Born in Karasburg, a small town in southern South West Africa (now Namibia), Mans attended school in Gobabis and after school moved to Bloemfontein, South Africa for tertiary studies at the University of the Orange Free State.

He made his senior provincial debut in South Africa for the Orange Free State in 1982 and in 1985 returned to his home country. At the time South West Africa participated in the South African domestic rugby competitions. In 1987 Mans was appointed captain of South West Africa and under his leadership during 1987, South West Africa won the B division of the Currie Cup and gained promotion to the A division for the 1988 season.

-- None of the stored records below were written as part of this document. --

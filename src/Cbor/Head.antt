-- ===== src/Cbor/Head.antt =====
-- The head of a CBOR item as RFC 8949 §3 describes it, in plain arithmetic: the description that
-- the encoder, the decoder and the raw helpers are compared with.
use hiya.Base.{
  ℕ, zero, suc, ◌+◌, ◌*◌, ◌/◌, ◌%◌, ◌^◌, ◌<◌, ◌≡◌, List, [], ◌∷◌, length, leb, All, IsByte,
  if◌then◌else◌, arith, bit_or, bit_or_disjoint, refl,
}
use hiya.Cbor.{Major, code, code-lt, u8}

-- The `k` low bytes of `v`, most significant first.
abbrev pub be : ℕ → ℕ → List ℕ
be zero v = []
be (suc k) v = v / 256 ^ k % 256 ∷ be k v

-- The additional information of the shortest form, and the number of bytes that follow.
unfoldable pub additional : ℕ → ℕ
additional v =
    if leb v 23
    then v
    else if leb v 0xff
    then 24
    else if leb v 0xffff
    then 25
    else if leb v 0xffff_ffff
    then 26
    else 27

unfoldable pub follow : ℕ → ℕ
follow v =
    if leb v 23
    then 0
    else if leb v 0xff
    then 1
    else if leb v 0xffff
    then 2
    else if leb v 0xffff_ffff
    then 4
    else 8

-- The shortest head for the major type and the argument.
unfoldable pub head : Major → ℕ → List ℕ
head mt v = (code mt * 32 + additional v) ∷ be (follow v) v

pub length-be : (k v : ℕ) → length (be k v) ≡ k
length-be zero v = refl
length-be (suc k) v = omega (arith, length-be k v)

pub length-head : (mt : Major) (v : ℕ) → length (head mt v) ≡ 1 + follow v
unfolding head
length-head mt v = omega (arith, length-be (follow v) v)

pub be-IsByte : (k v : ℕ) → All IsByte (be k v)
be-IsByte zero v = omega arith
be-IsByte (suc k) v = (omega arith, be-IsByte k v)

pub head-IsByte : (mt : Major) (v : ℕ) → All IsByte (head mt v)
unfolding head additional
head-IsByte mt v = (ground (arith, code-lt mt), be-IsByte (follow v) v)

-- `(uint8_t)mt << 5 | ai` in C.
pub head_byte :
    (mt : Major) (ai : ℕ) → ai < 32 → bit_or (u8 (code mt * 2 ^ 5)) ai ≡ code mt * 32 + ai
head_byte mt ai h = ground (arith, code-lt mt, bit_or_disjoint 5 (code mt) ai)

In 1990, Namibia gained independence and consequently withdrew from the South African rugby competitions. Mans was selected as captain for the first Namibian national side after independence. Namibia played its first test match on 24 March 1990 in Windhoek against Zimbabwe and Mans scored one of his team's six tries in a 33–18 victory. In his second test, against Portugal, he scored a record six tries. Mans continued to play 27 test matches and scored 26 tries for Namibia and also captained the team 26 times. The only occasion that he did not captain the team, was during the 1995 World Cup qualifying final group stages against the Ivory Coast, when he played as a replacement and the team was captained by Henning Snyman. Mans retired at the end of the 1994 season, after Namibia failed to qualify for the 1995 World Cup.

=== Test history ===

| No. | Opposition | Result (NAM 1st) | Position | Tries | Date | Venue |
|---|---|---|---|---|---|---|
| 1. | Zimbabwe | 33–18 | Wing (c) | 1 | 24 March 1990 | South West Stadium, Windhoek |
| 2. | Portugal | 86–9 | Wing (c) | 6 | 21 April 1990 | South West Stadium, Windhoek |
| 3. | Wales | 9–18 | Wing (c) | 1 | 2 June 1990 | South West Stadium, Windhoek |
| 4. | WAL Wales | 30–34 | Wing (c) | 1 | 9 June 1990 | South West Stadium, Windhoek |
| 5. | France XV | 15–24 | Wing (c) |  | 23 June 1990 | South West Stadium, Windhoek |
| 6. | Spain | 36–6 | Wing (c) | 2 | 18 May 1991 | Campo Universitaria, Madrid |
| 7. | POR Portugal | 34–12 | Wing (c) | 1 | 24 May 1991 | Universitario Lisboa, Lisbon |
| 8. | Italy | 17–7 | Wing (c) | 1 | 15 June 1991 | South West Stadium, Windhoek |
| 9. | ITA Italy | 33–19 | Wing (c) | 1 | 22 June 1991 | South West Stadium, Windhoek |
| 10. | ZIM Zimbabwe | 34–15 | Wing (c) |  | 29 June 1991 | South West Stadium, Windhoek |
| 11. | ZIM Zimbabwe | 53–9 | Wing (c) |  | 6 July 1991 | South West Stadium, Windhoek |
| 12. | Ireland | 15–6 | Wing (c) | 1 | 20 July 1991 | South West Stadium, Windhoek |
| 13. | IRE Ireland | 26–15 | Wing (c) | 1 | 27 July 1991 | South West Stadium, Windhoek |
| 14. | ZIM Zimbabwe | 22–19 | Wing (c) |  | 3 August 1991 | Police Grounds, Harare |
| 15. | ZIM Zimbabwe | 23–16 | Fullback (c) |  | 10 August 1991 | Police Grounds, Harare |
| 16. | ZIM Zimbabwe | 46–20 | Fullback (c) | 1 | 7 September 1991 | South West Stadium, Windhoek |
| 17. | ZIM Zimbabwe | 55–23 | Wing (c) | 2 | 9 May 1992 | South West Stadium, Windhoek |
| 18. | ZIM Zimbabwe | 69–26 | Wing (c) | 1 | 16 May 1992 | South West Stadium, Windhoek |
| 19. | WAL Wales | 23–38 | Wing (c) |  | 5 June 1993 | South West Stadium, Windhoek |
| 20. | Arabian Gulf | 64–20 | Wing (c) | 3 | 3 July 1993 | RFUEA Ground, Nairobi |
| 21. | Kenya | 60–9 | Wing (c) | 1 | 7 July 1993 | RFUEA Ground, Nairobi |
| 22. | ZIM Zimbabwe | 41–16 | Wing (c) | 3 | 10 July 1993 | RFUEA Ground, Nairobi |
| 23. | Russia | 12–31 | Wing (c) |  | 19 March 1994 | South West Stadium, Windhoek |
| 24. | ZIM Zimbabwe | 25–20 | Wing (c) |  | 14 June 1994 | COC Stadium, Casablanca |
| 25. | Ivory Coast | 12–13 | Replacement |  | 16 June 1994 | COC Stadium, Casablanca |
| 26. | Morocco | 16–16 | Fullback (c) |  | 18 June 1994 | COC Stadium, Casablanca |
| 27. | Hong Kong | 22–12 | Wing (c) |  | 24 August 1994 | South West Stadium, Windhoek |

==Accolades==

Mans was one of the five nominees for 1988 SA Rugby player of the Year award. The other nominees for the award were Adolf Malan, Calla Scholtz, Tiaan Strauss and the eventual winner of the award, Naas Botha.